#### Task statement:
From the entries below, reproduce exactly the line containing "pub small : v", the line containing "(maps : IsMapping", and every line in between, with nothing added.

Stored data:
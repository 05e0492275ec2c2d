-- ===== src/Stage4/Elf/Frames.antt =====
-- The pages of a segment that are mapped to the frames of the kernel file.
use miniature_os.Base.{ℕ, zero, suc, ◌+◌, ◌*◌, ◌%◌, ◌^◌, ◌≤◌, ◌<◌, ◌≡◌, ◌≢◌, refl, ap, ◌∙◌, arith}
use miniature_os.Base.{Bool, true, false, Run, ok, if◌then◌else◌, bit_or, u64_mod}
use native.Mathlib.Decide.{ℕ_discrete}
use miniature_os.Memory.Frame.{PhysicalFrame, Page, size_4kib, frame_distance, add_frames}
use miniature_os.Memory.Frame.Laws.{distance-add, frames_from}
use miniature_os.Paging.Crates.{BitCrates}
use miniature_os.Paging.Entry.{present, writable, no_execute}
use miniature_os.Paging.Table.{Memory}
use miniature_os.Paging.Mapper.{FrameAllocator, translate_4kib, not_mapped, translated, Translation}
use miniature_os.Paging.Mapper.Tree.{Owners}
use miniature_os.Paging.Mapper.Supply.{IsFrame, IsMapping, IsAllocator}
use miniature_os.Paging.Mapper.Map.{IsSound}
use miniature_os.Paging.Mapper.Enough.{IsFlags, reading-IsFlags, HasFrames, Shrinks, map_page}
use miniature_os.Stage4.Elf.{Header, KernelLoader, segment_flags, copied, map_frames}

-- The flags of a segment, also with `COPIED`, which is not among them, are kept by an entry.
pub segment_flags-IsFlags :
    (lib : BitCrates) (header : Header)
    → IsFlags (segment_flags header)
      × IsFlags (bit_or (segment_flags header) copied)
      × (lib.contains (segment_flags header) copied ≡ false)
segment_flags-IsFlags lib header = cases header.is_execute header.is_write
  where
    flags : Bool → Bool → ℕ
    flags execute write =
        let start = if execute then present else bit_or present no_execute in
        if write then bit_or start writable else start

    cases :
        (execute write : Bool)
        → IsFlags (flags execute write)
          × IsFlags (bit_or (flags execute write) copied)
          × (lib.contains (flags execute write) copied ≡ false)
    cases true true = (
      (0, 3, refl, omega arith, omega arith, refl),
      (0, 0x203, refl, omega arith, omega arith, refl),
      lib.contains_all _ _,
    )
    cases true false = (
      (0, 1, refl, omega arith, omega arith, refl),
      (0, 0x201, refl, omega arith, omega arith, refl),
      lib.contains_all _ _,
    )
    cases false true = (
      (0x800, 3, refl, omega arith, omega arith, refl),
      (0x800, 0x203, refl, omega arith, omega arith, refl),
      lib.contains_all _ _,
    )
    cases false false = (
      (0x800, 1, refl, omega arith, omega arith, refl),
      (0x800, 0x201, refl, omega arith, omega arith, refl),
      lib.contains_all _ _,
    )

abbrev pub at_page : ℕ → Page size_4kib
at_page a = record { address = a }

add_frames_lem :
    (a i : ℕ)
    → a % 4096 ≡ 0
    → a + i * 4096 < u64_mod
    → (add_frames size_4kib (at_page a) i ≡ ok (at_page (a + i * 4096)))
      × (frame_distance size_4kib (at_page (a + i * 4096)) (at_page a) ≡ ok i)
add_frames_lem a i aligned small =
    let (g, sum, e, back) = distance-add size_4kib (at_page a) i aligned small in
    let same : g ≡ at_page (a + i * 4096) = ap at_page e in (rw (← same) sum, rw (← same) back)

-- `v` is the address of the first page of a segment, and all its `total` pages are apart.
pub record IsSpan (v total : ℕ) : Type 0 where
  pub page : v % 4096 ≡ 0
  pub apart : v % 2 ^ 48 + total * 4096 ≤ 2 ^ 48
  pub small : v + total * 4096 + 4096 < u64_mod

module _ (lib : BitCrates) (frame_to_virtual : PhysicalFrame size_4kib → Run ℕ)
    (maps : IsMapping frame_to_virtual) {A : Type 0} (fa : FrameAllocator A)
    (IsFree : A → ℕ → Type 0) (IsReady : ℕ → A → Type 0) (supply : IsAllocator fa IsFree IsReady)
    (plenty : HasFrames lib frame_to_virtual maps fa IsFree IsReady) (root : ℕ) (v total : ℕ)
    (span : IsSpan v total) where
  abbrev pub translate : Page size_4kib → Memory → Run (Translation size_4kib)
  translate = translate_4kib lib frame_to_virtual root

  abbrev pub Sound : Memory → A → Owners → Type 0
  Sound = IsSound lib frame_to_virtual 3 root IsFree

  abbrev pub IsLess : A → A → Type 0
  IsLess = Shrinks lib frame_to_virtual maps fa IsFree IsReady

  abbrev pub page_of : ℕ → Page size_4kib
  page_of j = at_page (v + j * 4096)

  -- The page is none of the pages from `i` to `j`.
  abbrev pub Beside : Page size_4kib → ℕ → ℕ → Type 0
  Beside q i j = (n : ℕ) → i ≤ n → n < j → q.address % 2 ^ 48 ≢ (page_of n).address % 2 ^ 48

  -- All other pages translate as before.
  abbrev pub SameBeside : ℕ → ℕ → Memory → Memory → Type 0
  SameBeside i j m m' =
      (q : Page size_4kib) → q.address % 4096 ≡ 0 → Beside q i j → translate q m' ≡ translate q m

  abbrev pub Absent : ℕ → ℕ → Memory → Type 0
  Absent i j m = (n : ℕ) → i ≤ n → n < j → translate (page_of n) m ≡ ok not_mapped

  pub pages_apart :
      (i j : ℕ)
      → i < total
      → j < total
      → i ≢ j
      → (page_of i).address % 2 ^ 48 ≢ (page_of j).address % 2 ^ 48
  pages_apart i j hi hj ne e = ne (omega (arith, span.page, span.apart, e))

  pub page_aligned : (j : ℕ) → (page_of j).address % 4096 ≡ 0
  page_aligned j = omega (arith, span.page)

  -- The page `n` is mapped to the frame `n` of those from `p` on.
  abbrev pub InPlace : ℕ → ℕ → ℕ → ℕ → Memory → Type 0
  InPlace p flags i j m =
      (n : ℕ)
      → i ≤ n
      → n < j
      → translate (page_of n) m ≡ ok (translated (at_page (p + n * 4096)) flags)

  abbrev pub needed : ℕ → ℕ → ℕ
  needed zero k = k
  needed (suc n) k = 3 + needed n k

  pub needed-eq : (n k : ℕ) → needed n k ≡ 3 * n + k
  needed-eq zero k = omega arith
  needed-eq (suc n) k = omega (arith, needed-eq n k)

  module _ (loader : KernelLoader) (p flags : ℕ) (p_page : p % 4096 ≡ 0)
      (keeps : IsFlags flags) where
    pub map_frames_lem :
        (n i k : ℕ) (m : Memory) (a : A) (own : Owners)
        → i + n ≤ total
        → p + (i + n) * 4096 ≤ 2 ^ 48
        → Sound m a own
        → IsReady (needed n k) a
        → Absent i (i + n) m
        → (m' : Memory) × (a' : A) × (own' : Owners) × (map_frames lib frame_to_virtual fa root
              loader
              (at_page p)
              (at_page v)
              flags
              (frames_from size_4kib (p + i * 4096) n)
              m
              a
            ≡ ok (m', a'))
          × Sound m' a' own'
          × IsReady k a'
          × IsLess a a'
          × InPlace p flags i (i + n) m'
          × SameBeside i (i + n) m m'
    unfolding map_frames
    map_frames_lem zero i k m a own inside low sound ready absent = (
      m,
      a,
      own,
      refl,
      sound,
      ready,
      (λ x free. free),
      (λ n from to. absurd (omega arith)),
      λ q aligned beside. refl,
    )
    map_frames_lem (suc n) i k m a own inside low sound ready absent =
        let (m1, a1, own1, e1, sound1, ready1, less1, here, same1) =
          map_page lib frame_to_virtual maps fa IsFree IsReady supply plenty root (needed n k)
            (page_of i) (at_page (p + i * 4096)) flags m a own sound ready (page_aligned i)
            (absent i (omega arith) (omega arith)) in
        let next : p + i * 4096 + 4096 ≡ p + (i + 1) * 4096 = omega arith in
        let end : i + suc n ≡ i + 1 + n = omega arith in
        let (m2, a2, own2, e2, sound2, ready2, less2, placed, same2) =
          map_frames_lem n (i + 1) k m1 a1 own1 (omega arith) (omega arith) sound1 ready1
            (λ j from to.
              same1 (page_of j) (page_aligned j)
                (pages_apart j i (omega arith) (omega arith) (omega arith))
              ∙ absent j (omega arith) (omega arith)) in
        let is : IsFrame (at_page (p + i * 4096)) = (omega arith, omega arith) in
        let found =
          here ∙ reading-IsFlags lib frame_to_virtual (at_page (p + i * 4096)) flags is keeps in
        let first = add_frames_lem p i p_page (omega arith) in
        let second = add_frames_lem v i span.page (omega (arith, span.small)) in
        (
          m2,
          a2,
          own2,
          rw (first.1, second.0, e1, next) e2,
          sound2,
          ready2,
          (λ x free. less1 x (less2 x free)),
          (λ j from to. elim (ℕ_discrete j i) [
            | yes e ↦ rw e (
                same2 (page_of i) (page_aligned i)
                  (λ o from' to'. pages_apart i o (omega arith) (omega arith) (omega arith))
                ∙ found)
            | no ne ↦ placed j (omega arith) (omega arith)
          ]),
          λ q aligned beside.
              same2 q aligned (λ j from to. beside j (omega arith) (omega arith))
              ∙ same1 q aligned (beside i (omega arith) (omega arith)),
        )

#### Result of this task:
  pub small : v + total * 4096 + 4096 < u64_mod

module _ (lib : BitCrates) (frame_to_virtual : PhysicalFrame size_4kib → Run ℕ)
    (maps : IsMapping frame_to_virtual) {A : Type 0} (fa : FrameAllocator A)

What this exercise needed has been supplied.